# WHAT IS NEEDED:
Please take the lines from the one holding "[], ([], git_page))" through the one holding "let line = first_line" in the data below and copy them exactly.
-- THE INPUT follows --
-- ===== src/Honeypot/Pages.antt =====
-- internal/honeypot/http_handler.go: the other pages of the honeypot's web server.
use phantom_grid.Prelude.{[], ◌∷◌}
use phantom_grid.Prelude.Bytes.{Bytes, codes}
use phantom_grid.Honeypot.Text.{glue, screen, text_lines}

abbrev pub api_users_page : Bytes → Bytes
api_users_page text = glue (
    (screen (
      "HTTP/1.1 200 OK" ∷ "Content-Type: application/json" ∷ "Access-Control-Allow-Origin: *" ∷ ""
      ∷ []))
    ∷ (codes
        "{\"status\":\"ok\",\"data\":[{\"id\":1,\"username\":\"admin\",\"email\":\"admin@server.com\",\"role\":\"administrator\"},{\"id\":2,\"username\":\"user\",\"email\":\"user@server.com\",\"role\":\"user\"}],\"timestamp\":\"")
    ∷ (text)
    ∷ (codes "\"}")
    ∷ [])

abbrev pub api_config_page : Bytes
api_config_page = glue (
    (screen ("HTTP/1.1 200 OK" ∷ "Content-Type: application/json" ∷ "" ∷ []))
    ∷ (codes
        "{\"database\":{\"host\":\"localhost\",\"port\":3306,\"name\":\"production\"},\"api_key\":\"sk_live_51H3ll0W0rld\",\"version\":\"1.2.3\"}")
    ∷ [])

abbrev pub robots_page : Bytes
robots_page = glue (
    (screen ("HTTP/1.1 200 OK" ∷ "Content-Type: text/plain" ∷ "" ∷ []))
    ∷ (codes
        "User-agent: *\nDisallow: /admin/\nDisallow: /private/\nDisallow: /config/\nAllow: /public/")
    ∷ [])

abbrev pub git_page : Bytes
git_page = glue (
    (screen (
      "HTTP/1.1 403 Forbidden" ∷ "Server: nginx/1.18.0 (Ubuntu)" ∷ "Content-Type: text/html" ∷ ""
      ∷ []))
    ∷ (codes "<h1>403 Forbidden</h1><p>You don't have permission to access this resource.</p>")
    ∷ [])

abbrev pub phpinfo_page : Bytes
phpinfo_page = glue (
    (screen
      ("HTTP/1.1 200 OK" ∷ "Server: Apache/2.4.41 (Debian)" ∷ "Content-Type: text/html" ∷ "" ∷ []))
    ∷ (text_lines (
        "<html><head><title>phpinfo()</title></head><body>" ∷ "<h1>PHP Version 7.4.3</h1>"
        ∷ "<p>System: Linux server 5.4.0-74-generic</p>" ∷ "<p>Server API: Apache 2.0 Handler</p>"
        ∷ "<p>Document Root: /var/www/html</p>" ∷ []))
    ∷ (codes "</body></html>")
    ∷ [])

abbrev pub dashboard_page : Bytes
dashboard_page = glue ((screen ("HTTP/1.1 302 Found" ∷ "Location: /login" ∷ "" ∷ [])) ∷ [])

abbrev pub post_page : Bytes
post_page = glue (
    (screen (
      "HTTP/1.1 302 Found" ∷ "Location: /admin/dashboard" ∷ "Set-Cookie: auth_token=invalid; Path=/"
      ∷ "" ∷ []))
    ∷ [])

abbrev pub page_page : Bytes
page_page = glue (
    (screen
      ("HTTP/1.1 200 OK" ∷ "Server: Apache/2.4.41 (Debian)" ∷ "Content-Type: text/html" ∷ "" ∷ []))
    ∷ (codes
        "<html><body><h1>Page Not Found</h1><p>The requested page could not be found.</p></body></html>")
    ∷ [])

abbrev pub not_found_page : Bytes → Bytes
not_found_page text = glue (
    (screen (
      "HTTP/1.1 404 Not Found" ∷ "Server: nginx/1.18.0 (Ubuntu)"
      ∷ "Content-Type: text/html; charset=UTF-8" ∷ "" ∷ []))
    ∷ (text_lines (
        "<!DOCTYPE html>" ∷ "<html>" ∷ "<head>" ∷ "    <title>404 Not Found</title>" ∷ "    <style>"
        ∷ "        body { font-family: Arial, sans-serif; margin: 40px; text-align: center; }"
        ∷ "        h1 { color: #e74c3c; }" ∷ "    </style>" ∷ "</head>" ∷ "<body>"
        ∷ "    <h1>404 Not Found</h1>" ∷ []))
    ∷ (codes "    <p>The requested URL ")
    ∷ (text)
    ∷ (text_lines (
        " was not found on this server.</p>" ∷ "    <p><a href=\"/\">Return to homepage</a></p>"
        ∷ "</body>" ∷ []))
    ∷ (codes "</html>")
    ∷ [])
-- THE INPUT concluded --
-- THE INPUT follows --
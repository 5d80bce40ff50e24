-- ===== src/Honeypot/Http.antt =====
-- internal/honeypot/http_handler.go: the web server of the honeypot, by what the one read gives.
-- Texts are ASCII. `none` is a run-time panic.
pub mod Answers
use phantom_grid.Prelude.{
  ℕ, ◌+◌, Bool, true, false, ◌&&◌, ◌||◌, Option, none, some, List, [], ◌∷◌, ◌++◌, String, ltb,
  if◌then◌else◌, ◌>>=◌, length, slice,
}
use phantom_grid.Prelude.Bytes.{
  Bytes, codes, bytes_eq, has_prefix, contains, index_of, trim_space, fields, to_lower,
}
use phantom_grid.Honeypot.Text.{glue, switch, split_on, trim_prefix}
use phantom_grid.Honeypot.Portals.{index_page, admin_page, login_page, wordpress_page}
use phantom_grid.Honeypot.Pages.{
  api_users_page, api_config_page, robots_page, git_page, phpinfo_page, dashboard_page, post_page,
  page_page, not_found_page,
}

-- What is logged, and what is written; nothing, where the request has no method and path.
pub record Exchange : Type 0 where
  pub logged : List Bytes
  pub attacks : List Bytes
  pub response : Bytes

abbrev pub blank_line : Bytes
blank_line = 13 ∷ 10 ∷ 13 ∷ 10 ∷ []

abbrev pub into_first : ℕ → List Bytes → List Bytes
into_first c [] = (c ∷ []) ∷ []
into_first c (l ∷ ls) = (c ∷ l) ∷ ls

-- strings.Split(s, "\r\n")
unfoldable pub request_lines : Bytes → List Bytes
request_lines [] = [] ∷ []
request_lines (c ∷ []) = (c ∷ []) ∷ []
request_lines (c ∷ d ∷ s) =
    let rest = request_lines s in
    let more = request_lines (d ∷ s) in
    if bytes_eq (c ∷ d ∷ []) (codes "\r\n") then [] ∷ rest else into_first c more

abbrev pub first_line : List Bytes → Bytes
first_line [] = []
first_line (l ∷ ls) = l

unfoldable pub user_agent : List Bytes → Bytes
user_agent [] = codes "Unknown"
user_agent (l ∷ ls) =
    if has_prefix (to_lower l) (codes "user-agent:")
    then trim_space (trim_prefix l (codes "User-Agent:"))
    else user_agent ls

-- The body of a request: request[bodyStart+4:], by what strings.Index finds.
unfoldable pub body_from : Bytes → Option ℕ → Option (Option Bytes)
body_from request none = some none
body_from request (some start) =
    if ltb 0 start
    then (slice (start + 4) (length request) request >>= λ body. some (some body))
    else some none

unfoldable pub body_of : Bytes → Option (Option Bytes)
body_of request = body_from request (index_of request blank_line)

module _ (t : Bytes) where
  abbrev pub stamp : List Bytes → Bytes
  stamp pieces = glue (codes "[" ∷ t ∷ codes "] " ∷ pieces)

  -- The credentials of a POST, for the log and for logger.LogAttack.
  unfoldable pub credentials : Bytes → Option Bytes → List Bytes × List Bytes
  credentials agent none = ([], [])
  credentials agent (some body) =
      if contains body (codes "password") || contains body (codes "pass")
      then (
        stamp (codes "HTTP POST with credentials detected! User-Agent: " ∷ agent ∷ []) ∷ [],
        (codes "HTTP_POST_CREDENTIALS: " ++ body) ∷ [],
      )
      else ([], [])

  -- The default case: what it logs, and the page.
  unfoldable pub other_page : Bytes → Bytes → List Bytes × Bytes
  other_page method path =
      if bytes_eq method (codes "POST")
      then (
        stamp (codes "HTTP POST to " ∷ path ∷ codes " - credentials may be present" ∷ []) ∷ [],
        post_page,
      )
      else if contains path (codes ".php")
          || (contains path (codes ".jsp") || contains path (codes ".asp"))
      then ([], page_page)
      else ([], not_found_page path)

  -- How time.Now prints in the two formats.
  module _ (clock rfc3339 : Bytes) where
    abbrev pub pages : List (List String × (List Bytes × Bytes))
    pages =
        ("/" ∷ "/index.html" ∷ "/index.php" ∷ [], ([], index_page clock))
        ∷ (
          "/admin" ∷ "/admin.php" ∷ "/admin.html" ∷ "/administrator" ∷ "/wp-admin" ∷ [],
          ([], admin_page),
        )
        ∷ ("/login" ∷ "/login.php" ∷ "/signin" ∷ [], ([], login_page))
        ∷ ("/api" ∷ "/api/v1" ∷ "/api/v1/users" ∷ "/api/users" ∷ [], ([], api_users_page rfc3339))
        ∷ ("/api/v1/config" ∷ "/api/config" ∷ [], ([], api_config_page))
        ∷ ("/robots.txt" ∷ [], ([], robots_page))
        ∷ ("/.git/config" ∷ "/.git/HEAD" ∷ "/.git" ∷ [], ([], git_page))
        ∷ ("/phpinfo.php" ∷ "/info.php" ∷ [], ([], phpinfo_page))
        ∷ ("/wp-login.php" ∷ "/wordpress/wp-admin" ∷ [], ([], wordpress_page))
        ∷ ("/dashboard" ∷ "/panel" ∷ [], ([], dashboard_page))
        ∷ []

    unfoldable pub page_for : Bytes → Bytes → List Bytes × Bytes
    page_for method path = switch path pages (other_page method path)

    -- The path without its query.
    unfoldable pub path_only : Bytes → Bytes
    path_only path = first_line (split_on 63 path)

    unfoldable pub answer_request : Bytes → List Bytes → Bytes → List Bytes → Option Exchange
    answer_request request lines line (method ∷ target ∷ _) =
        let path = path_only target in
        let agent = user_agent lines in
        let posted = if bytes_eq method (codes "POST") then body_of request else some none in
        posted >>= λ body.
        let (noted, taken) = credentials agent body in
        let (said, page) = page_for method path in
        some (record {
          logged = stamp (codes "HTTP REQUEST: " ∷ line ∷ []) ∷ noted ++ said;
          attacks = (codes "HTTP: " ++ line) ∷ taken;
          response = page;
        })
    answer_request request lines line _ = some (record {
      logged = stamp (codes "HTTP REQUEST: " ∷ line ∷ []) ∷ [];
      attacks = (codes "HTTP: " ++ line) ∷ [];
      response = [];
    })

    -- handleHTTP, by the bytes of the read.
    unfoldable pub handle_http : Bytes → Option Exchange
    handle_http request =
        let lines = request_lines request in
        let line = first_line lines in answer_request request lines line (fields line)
-- THE INPUT concluded --
# RESULT BELOW:
        ∷ ("/.git/config" ∷ "/.git/HEAD" ∷ "/.git" ∷ [], ([], git_page))
        ∷ ("/phpinfo.php" ∷ "/info.php" ∷ [], ([], phpinfo_page))
        ∷ ("/wp-login.php" ∷ "/wordpress/wp-admin" ∷ [], ([], wordpress_page))
        ∷ ("/dashboard" ∷ "/panel" ∷ [], ([], dashboard_page))
        ∷ []

    unfoldable pub page_for : Bytes → Bytes → List Bytes × Bytes
    page_for method path = switch path pages (other_page method path)

    -- The path without its query.
    unfoldable pub path_only : Bytes → Bytes
    path_only path = first_line (split_on 63 path)

    unfoldable pub answer_request : Bytes → List Bytes → Bytes → List Bytes → Option Exchange
    answer_request request lines line (method ∷ target ∷ _) =
        let path = path_only target in
        let agent = user_agent lines in
        let posted = if bytes_eq method (codes "POST") then body_of request else some none in
        posted >>= λ body.
        let (noted, taken) = credentials agent body in
        let (said, page) = page_for method path in
        some (record {
          logged = stamp (codes "HTTP REQUEST: " ∷ line ∷ []) ∷ noted ++ said;
          attacks = (codes "HTTP: " ++ line) ∷ taken;
          response = page;
        })
    answer_request request lines line _ = some (record {
      logged = stamp (codes "HTTP REQUEST: " ∷ line ∷ []) ∷ [];
      attacks = (codes "HTTP: " ++ line) ∷ [];
      response = [];
    })

    -- handleHTTP, by the bytes of the read.
    unfoldable pub handle_http : Bytes → Option Exchange
    handle_http request =
        let lines = request_lines request in
        let line = first_line lines in answer_request request lines line (fields line)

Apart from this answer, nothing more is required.